Надо же было выбрать такой неудачный день, напряженный четверг, да еще и четыре пополудни — самое горячее время. Уж лучше бы ночью: большинство пациентов спят или просто угомонились, персонал может отдохнуть от ежедневной битвы за жизнь и уделить внимание тем, кто ее проиграл. Утомленная медсестра объяснила, что по правилам полагалось, конечно, переместить больную в отдельную боковую палату, но, к несчастью, все они заняты. Может, завтра… В общем, кто доставляет в последние минуты меньше хлопот персоналу, тот и заслуживает больше комфорта. Норман сидел рядом с женой за шторами, узор которых навсегда отпечатался в его памяти: маленькие розовые бутоны на фоне гвоздик. Очень мило и уютно.
Как будто бы можно приукрасить смерть. Сквозь щель между занавесками Скейс видел, как суетятся медсестры в длинных халатах, с безразличным видом подкатывая к постелям столики на колесах, закрепляя капельницы… Чья-то голова просунулась и радостно спросила:
— Чаю?
Норман принял чашку и блюдце из белого фарфора; в буроватой жидкости уже таяли два куска сахара.
Руки жены лежали поверх одеяла. Норман держал ее левую ладонь, гадая, какие грезы царят в долине теней. Разумеется, им далеко до кошмаров, которые мучили Мэвис долгими ночами после гибели единственной дочери, так что Норман то и дело просыпался от истошного визга, задыхаясь от горячего, сладковатого запаха пота и страха. Мир, куда она унеслась, наверняка добрее, иначе почему бы ей лежать столь тихо? Скейс отстраненно наблюдал, как пробегали по лицу умирающей смутные тени чувств, уже недоступных ей: то капризно сдвигались брови, то мелькала коварная, неискренняя улыбка. Мужу она почему-то напомнила маленькую Джули в те дни, когда девочка страдала газами и строила похожие серьезные мины. Вот ее веки задрожали, а губы слабо зашевелились. Норман наклонился.
— Лучше ножом. Так надежнее. Не забудешь?
— Нет, не забуду.
— Письмо с собой?
— Да, письмо с собой.
— Покажи.
Скейс достал бумажник. Мутные глаза Мэвис с трудом сосредоточились на клочке помятой бумаги, трясущиеся пальцы жадно потянулись к нему, словно к мощам святого-целителя, а челюсть отвисла и задрожала от натуги.

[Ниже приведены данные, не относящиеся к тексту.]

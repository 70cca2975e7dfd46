-- ===== src/Bitcask/Grown.antt =====
-- bitcask/main.go: what the steps of a merge leave alone. Bytes below the offset of the segment, and in
-- every other data file, are read back unchanged.
use design_pocs.Common.{
  ℕ, ◌+◌, ◌≤◌, ◌<◌, ◌≡◌, inl, inr, refl, sym, ◌∙◌, Bool, true, false, Bool-cases, some, List, arith,
  Bytes, lookup, remove, insert, lookup-insert, lookup-remove, lookup-insert_self, read_at,
  write_at, read_at-write_at_before,
}
use design_pocs.Bitcask.Store.{
  FilePath, data_file, merge_data, merge_hint, path_eq, path_eq_iff, path_key, BitCask, file_of,
  write_file,
}
use design_pocs.Bitcask.Kept.{Handles}
use design_pocs.Bitcask.Segment.{MergeSegment, data_path, hint_path}

abbrev pub is_hint : FilePath → Bool
is_hint (data_file n) = false
is_hint (merge_data n) = false
is_hint (merge_hint n) = true

-- The bytes of a file up to `end` are not written again by the segment.
abbrev pub SettledIn : FilePath → ℕ → MergeSegment → Type 0
SettledIn p end m = p ≡ data_path m → end ≤ m.data_offset

-- A data file that is older than the segment.
abbrev pub IsOlder : FilePath → MergeSegment → Type 0
IsOlder p m = (n : ℕ) → p ≡ merge_data n → n < m.id

pub record Grown (s : BitCask) (m : MergeSegment) (t : BitCask) (k : MergeSegment) : Type 0 where
  pub dir : t.key_dir ≡ s.key_dir
  pub count : t.file_cnt ≡ s.file_cnt
  pub offset : t.curr_offset ≡ s.curr_offset
  pub opened : (p : FilePath) → lookup p s.file_ptrs ≡ some p → lookup p t.file_ptrs ≡ some p
  pub handles : Handles s → Handles t
  pub ids : m.id ≤ k.id
  pub settled :
      (p : FilePath) (o n : ℕ) (x : Bytes)
      → 0 < n
      → is_hint p ≡ false
      → SettledIn p (o + n) m
      → read_at (file_of p s.disk) o n ≡ some x
      → SettledIn p (o + n) k
  pub content :
      (p : FilePath) (o n : ℕ) (x : Bytes)
      → 0 < n
      → is_hint p ≡ false
      → SettledIn p (o + n) m
      → read_at (file_of p s.disk) o n ≡ some x
      → read_at (file_of p t.disk) o n ≡ some x
  pub others :
      (p : FilePath) → is_hint p ≡ false → IsOlder p m → file_of p t.disk ≡ file_of p s.disk
  pub filed_before : (p : FilePath) → IsOlder p m → lookup p t.file_ptrs ≡ lookup p s.file_ptrs

-- The segment is the newest, and its handle is in the map.
pub record Current (s : BitCask) (m : MergeSegment) : Type 0 where
  pub newest : m.id ≡ s.merge_file_cnt
  pub filed : lookup (data_path m) s.file_ptrs ≡ some (data_path m)

pub Grown-refl : (s : BitCask) (m : MergeSegment) → Grown s m s m
Grown-refl s m = record {
  dir = refl;
  count = refl;
  offset = refl;
  opened = λ p h. h;
  handles = λ h. h;
  ids = omega arith;
  settled = λ p o n x z d h r. h;
  content = λ p o n x z d h r. r;
  others = λ p d old. refl;
  filed_before = λ p old. refl;
}

pub Grown-trans :
    {s t u : BitCask} {m k l : MergeSegment} → Grown s m t k → Grown t k u l → Grown s m u l
Grown-trans f g = record {
  dir = g.dir ∙ f.dir;
  count = g.count ∙ f.count;
  offset = g.offset ∙ f.offset;
  opened = λ p h. g.opened p (f.opened p h);
  handles = λ h. g.handles (f.handles h);
  ids = omega (arith, f.ids, g.ids);
  settled = λ p o n x z d h r.
      g.settled p o n x z d (f.settled p o n x z d h r) (f.content p o n x z d h r);
  content = λ p o n x z d h r.
      g.content p o n x z d (f.settled p o n x z d h r) (f.content p o n x z d h r);
  others = λ p d old. g.others p d (λ n e. omega (arith, old n e, f.ids)) ∙ f.others p d old;
  filed_before =
      λ p old. g.filed_before p (λ n e. omega (arith, old n e, f.ids)) ∙ f.filed_before p old;
}

pub merge_data-path_eq :
    (p q : FilePath) → is_hint p ≡ false → is_hint q ≡ true → path_eq q p ≡ false
unfolding path_eq
merge_data-path_eq p q h k = ground arith

pub file_of-insert_ne :
    (p q : FilePath) (b : Bytes) (disk : List (FilePath × Bytes))
    → path_eq q p ≡ false
    → file_of p (insert q b disk) ≡ file_of p disk
file_of-insert_ne p q b disk h = ground (arith, lookup-insert q p b disk)

pub file_of-insert_eq :
    (p : FilePath) (b : Bytes) (disk : List (FilePath × Bytes)) → file_of p (insert p b disk) ≡ b
file_of-insert_eq p b disk = ground (arith, lookup-insert_self p b disk)

pub file_of-remove :
    (p q : FilePath) (disk : List (FilePath × Bytes))
    → path_eq q p ≡ false
    → file_of p (remove q disk) ≡ file_of p disk
file_of-remove p q disk h = ground (arith, lookup-remove q p disk)

-- A step that changes nothing but files.
disk-Grown :
    (d : List (FilePath × Bytes)) (m : MergeSegment) (s : BitCask)
    → ((p : FilePath) (o n : ℕ) (x : Bytes)
        → 0 < n
        → is_hint p ≡ false
        → SettledIn p (o + n) m
        → read_at (file_of p s.disk) o n ≡ some x
        → read_at (file_of p d) o n ≡ some x)
    → ((p : FilePath) → is_hint p ≡ false → IsOlder p m → file_of p d ≡ file_of p s.disk)
    → Grown s m (record s { disk = d }) m
disk-Grown d m s content others = record {
  dir = refl;
  count = refl;
  offset = refl;
  opened = λ p h. h;
  handles = λ h. record { named = h.named };
  ids = omega arith;
  settled = λ p o n x z d h r. h;
  content = content;
  others = others;
  filed_before = λ p old. refl;
}

-- A write to the hint file.
pub hint_write-Grown :
    (o : ℕ) (b : Bytes) (m : MergeSegment) (s : BitCask)
    → Grown s m (write_file (hint_path m) o b s) m
hint_write-Grown o b m s =
    disk-Grown _ m s
      (λ p i n x z d h r.
        rw
          (file_of-insert_ne p (hint_path m) (write_at (file_of (hint_path m) s.disk) o b) s.disk
            (merge_data-path_eq p (hint_path m) d refl))
          r)
      (λ p d old.
        file_of-insert_ne p (hint_path m) (write_at (file_of (hint_path m) s.disk) o b) s.disk
          (merge_data-path_eq p (hint_path m) d refl))

pub older-path_eq :
    (p : FilePath) (m : MergeSegment) → IsOlder p m → path_eq (data_path m) p ≡ false
older-path_eq p m old = elim (Bool-cases (path_eq (data_path m) p)) [
  | inl same ↦ absurd (omega (arith, old m.id (sym ((path_eq_iff (data_path m) p).0 same))))
  | inr differs ↦ differs
]

-- A write to the data file, at the offset.
pub data_write-Grown :
    (b : Bytes) (m : MergeSegment) (s : BitCask)
    → Grown s m (write_file (data_path m) m.data_offset b s) m
data_write-Grown b m s =
    disk-Grown _ m s
      (λ p i n x z d h r. elim (Bool-cases (path_eq (data_path m) p)) [
        | inl here ↦
            let same : data_path m ≡ p = (path_eq_iff (data_path m) p).0 here in
            let f = file_of p s.disk in
            rw (same, file_of-insert_eq p (write_at f m.data_offset b) s.disk)
              (read_at-write_at_before f i n m.data_offset b x (h (sym same)) r)
        | inr elsewhere ↦
            rw
              (file_of-insert_ne p (data_path m)
                (write_at (file_of (data_path m) s.disk) m.data_offset b) s.disk elsewhere)
              r
      ])
      (λ p d old.
        file_of-insert_ne p (data_path m) (write_at (file_of (data_path m) s.disk) m.data_offset b)
          s.disk (older-path_eq p m old))

-- The offset of a segment moves on.
pub advance-Grown :
    (s t : BitCask) (m : MergeSegment) (more hint : ℕ)
    → Grown s m t m
    → Grown s m t (record m { data_offset = m.data_offset + more; hint_offset = hint })
advance-Grown s t m more hint g = record {
  dir = g.dir;
  count = g.count;
  offset = g.offset;
  opened = g.opened;
  handles = g.handles;
  ids = g.ids;
  settled = λ p o n x z d h r e. omega (arith, g.settled p o n x z d h r e);
  content = g.content;
  others = g.others;
  filed_before = g.filed_before;
}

Муж прижал ее иссохшую ладонь к конверту и произнес:
— Я не забуду.
Ему на ум пришел тот день, когда письмо появилось на свет. Примерно год назад Мэвис впервые услышала, что больна раком. Вечером супруги сидели на диване — рядом, но порознь — и смотрели передачу о птицах Антарктики. Как только Норман выключил телевизор, жена промолвила:
— Если не вылечусь, придется тебе действовать в одиночку. Это нелегко, понимаю. Чтобы ее разыскивать, понадобится убедительная отговорка. И потом, после убийства, вдруг тебя заподозрят, надо будет внятно все объяснить. Я напишу письмо, напишу, что простила ее. Скажешь: дескать, исполнял мою последнюю волю, хотел передать конверт из рук в руки.
Когда она это придумала? Должно быть, размышляла во время передачи. Скейс ощутил болезненный укол разочарования и страха. В глубине души он надеялся, что уход Мэвис каким-то образом избавит его от тяжкой ноши, непосильной для одного. Однако выбора не оставалось. Тогда же за кухонным столом и родилось роковое письмо. Жена не стала запечатывать конверт: мало ли кто пожелает ознакомиться с его содержимым, прежде чем сообщить Норману местонахождение убийцы. Скейс так и не прочел письма — ни тогда, ни позже, но всегда носил его в своем бумажнике. До самой предсмертной минуты Мэвис ни разу не заговаривала об этом послании.